Stored data entries
--- START ---
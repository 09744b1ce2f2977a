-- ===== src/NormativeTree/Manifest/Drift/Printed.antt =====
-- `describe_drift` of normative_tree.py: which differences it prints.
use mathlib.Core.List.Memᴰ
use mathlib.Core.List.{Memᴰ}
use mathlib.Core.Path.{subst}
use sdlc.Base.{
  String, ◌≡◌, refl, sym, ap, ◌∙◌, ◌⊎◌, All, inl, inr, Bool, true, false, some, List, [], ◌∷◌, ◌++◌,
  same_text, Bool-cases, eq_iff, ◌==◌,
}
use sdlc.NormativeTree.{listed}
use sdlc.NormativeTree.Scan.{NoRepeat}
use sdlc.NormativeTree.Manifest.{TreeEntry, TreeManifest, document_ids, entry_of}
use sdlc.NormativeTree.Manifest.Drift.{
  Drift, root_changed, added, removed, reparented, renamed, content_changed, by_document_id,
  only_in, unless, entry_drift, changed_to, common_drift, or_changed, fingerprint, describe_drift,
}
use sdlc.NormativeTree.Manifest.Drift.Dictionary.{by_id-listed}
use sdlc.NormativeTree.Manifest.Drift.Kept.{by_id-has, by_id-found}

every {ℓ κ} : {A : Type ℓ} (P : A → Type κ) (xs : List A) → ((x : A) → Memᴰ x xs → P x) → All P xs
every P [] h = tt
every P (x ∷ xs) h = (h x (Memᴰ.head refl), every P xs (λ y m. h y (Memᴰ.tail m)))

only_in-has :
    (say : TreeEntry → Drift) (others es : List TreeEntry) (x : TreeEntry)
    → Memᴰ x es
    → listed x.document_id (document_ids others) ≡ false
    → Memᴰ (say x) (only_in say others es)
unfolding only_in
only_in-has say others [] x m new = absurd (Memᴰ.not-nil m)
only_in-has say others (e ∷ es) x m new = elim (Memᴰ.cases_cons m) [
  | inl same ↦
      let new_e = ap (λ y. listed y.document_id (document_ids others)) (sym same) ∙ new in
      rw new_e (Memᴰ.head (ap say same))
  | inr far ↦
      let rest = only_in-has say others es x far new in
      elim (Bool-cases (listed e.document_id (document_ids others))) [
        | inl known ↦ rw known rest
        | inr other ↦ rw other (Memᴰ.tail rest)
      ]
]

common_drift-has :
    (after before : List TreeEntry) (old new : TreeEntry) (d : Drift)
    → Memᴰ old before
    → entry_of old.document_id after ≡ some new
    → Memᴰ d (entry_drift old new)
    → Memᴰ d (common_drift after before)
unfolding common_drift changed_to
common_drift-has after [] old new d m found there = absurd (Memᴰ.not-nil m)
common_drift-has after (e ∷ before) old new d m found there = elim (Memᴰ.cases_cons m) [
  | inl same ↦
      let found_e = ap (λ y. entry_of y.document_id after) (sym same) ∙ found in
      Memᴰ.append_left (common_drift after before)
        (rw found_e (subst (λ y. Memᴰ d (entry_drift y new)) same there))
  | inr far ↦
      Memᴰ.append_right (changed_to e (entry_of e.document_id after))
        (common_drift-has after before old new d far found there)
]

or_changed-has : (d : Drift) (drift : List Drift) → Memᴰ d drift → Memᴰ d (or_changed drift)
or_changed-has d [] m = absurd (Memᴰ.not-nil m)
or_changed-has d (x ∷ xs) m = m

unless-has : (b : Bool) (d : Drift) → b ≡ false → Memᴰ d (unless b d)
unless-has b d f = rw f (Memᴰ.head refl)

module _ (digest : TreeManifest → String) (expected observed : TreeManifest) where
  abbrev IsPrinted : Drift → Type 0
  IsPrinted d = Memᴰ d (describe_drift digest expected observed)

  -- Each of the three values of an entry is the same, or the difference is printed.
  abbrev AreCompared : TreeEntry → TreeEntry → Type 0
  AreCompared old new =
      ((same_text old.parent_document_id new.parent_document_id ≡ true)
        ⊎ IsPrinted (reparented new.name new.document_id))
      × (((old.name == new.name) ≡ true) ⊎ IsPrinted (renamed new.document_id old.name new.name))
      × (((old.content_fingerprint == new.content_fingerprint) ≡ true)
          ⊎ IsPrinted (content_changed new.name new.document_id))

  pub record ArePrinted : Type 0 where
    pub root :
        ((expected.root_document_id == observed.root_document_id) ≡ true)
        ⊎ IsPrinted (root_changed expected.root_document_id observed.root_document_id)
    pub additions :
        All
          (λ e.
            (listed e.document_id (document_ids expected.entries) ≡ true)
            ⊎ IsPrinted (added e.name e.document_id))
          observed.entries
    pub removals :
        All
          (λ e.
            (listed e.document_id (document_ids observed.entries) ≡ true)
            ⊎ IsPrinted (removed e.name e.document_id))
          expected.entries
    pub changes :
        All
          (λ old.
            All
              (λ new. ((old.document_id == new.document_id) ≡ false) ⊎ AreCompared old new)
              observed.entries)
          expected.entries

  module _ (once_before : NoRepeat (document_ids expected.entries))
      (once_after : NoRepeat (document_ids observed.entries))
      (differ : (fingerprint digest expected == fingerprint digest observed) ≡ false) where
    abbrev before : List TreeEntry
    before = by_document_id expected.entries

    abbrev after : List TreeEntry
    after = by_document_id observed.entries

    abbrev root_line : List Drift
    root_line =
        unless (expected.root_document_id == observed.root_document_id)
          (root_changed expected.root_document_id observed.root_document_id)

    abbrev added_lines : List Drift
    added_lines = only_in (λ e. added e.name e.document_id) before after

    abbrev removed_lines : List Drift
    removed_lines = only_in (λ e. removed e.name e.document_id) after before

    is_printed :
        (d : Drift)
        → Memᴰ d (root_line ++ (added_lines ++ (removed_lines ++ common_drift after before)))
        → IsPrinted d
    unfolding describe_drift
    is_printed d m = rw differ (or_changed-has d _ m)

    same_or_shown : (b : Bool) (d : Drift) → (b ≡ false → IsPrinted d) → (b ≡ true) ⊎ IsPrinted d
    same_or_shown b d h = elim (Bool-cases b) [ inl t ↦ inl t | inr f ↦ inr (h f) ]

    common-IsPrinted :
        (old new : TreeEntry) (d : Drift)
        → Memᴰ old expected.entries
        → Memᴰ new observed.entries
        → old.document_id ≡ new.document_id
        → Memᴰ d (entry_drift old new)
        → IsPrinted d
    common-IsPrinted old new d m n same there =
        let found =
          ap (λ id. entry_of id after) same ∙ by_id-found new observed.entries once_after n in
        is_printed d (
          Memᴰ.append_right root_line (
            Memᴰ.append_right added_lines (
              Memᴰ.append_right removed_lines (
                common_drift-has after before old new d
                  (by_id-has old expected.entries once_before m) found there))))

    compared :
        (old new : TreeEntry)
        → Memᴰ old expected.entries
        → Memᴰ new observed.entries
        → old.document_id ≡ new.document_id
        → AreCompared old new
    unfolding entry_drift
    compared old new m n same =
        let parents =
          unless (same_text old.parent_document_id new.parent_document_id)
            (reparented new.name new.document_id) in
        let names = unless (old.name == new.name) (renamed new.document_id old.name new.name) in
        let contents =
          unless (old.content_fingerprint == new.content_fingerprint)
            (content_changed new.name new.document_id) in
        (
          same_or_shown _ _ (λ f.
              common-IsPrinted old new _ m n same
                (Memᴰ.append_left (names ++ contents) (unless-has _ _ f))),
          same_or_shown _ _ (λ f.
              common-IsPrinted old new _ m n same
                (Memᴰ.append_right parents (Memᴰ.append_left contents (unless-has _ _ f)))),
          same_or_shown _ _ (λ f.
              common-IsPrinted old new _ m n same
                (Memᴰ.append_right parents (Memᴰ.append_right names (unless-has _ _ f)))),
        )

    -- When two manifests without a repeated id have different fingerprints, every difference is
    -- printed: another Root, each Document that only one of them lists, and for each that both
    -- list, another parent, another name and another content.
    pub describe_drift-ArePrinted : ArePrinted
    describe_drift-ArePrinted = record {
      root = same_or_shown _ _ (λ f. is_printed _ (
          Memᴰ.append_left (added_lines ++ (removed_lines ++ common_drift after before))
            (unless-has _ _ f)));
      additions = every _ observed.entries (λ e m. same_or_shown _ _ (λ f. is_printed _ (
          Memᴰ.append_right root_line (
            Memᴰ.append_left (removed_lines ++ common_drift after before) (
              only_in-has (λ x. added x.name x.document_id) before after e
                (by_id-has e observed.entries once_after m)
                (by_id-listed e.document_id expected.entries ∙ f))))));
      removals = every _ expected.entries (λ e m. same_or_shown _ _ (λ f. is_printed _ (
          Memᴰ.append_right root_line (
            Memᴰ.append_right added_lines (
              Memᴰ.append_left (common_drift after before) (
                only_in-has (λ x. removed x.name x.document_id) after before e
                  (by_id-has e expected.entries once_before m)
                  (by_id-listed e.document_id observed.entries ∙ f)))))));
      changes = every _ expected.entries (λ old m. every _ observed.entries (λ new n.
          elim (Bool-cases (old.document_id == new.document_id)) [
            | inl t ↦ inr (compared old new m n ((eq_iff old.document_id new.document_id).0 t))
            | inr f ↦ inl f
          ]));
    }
--- END ---
--- START ---
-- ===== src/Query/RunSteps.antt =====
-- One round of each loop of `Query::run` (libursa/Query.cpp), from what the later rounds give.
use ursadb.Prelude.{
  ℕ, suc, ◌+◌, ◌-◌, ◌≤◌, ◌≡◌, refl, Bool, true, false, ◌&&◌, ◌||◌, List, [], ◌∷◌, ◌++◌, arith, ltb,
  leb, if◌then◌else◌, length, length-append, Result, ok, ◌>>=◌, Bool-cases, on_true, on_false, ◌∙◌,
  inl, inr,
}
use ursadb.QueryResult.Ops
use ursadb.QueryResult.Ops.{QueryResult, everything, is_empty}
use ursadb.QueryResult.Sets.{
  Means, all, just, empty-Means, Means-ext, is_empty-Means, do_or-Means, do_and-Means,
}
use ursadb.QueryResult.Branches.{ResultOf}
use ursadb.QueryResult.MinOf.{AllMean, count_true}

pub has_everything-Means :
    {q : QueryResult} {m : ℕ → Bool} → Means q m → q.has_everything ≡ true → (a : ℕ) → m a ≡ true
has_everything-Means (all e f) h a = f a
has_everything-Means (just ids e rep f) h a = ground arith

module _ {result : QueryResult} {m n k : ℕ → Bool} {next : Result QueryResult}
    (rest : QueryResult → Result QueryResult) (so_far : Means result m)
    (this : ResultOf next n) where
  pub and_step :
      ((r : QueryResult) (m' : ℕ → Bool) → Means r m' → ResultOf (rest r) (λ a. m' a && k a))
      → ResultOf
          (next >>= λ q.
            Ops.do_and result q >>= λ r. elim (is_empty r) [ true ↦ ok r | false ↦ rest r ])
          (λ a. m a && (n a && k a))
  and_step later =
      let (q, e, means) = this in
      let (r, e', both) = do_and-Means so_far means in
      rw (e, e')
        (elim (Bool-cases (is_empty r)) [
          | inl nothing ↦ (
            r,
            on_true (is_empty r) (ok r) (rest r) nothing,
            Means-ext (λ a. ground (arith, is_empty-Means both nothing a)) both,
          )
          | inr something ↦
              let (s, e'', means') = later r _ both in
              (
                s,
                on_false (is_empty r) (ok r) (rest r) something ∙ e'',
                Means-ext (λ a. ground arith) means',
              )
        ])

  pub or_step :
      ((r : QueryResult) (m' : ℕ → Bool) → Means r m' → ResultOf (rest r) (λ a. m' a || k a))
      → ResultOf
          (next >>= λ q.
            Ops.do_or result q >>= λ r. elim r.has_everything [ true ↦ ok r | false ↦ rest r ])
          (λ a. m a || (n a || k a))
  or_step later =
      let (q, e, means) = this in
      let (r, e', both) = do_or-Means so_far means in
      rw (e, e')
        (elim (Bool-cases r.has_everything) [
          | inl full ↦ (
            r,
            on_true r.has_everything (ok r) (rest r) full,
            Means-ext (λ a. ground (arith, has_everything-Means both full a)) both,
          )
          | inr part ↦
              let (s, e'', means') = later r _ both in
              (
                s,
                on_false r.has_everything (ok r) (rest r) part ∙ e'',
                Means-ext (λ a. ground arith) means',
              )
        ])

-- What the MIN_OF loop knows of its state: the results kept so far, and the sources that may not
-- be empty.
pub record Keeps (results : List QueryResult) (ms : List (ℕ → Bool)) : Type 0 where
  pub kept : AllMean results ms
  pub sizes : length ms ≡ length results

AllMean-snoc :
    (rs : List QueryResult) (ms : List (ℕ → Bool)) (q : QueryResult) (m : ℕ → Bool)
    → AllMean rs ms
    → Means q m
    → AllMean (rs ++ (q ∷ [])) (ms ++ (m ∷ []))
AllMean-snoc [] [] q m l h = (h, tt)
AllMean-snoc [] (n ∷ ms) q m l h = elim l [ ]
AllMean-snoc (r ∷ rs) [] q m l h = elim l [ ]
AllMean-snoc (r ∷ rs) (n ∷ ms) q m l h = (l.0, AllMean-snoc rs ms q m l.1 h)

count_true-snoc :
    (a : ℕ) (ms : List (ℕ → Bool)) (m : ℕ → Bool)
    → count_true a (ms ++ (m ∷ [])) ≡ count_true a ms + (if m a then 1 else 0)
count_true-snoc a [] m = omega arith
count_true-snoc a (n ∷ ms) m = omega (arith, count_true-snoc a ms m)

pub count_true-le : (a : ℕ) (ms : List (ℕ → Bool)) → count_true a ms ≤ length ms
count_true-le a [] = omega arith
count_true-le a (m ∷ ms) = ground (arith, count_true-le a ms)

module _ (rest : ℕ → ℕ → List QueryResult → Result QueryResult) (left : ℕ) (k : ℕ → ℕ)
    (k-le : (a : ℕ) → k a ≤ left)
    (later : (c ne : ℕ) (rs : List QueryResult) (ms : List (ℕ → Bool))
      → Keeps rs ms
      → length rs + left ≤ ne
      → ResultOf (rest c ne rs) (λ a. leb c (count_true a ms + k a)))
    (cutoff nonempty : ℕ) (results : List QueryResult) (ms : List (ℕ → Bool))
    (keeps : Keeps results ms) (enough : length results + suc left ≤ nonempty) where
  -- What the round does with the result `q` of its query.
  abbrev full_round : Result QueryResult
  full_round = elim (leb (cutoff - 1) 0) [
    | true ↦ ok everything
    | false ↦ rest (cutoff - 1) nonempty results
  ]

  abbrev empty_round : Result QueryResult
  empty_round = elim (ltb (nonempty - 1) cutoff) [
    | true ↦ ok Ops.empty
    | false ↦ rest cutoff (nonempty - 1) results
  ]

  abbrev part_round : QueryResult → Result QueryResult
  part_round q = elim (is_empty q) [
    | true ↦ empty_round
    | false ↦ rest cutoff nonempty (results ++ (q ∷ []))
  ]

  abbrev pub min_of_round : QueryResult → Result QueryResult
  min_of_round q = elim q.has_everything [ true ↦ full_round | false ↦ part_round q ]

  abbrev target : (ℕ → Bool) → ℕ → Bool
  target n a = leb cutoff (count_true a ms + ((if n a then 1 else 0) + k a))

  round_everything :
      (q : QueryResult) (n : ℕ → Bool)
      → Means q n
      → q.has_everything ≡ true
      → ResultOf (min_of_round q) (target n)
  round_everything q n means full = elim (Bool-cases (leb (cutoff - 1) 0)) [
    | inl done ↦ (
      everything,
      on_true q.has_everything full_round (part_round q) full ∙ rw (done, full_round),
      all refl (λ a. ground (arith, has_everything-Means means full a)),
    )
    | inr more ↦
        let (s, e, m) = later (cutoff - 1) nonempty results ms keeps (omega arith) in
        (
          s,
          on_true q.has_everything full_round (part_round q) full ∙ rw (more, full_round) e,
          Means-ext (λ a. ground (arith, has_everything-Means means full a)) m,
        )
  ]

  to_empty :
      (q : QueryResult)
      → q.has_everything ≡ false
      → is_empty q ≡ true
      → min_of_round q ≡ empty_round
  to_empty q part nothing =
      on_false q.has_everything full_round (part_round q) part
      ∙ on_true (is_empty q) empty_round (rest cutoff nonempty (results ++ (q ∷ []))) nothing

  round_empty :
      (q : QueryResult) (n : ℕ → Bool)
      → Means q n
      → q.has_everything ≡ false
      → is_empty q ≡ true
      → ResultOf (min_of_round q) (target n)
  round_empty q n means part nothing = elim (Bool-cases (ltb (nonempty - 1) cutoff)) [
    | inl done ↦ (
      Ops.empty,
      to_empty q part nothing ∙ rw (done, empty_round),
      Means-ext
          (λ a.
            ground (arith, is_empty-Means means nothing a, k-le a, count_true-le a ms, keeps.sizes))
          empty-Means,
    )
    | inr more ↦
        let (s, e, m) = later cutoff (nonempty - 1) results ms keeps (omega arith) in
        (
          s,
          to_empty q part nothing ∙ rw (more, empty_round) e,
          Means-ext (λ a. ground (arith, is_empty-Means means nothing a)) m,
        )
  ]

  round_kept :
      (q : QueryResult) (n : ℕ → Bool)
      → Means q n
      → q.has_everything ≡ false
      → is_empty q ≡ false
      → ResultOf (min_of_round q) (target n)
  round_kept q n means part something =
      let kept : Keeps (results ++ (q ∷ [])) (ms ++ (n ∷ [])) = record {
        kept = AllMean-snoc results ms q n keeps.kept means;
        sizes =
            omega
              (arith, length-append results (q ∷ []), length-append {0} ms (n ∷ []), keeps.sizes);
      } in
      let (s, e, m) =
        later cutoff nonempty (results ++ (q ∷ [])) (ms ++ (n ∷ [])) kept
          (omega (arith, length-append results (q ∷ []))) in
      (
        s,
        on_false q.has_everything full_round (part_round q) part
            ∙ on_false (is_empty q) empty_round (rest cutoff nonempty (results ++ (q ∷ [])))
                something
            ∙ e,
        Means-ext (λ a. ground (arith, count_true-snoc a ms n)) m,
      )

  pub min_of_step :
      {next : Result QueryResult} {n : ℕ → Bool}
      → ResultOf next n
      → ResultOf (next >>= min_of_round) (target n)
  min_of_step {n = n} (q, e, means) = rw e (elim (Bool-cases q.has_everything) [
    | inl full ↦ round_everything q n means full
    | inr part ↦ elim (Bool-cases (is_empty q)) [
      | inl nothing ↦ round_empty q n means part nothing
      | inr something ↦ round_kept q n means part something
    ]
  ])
--- END ---
• _EXERCISE PROMPT_: The required output is every line above that contains the string "contents".

• _WORKED SOLUTION_:
        let contents =
                (Memᴰ.append_left (names ++ contents) (unless-has _ _ f))),
                (Memᴰ.append_right parents (Memᴰ.append_left contents (unless-has _ _ f)))),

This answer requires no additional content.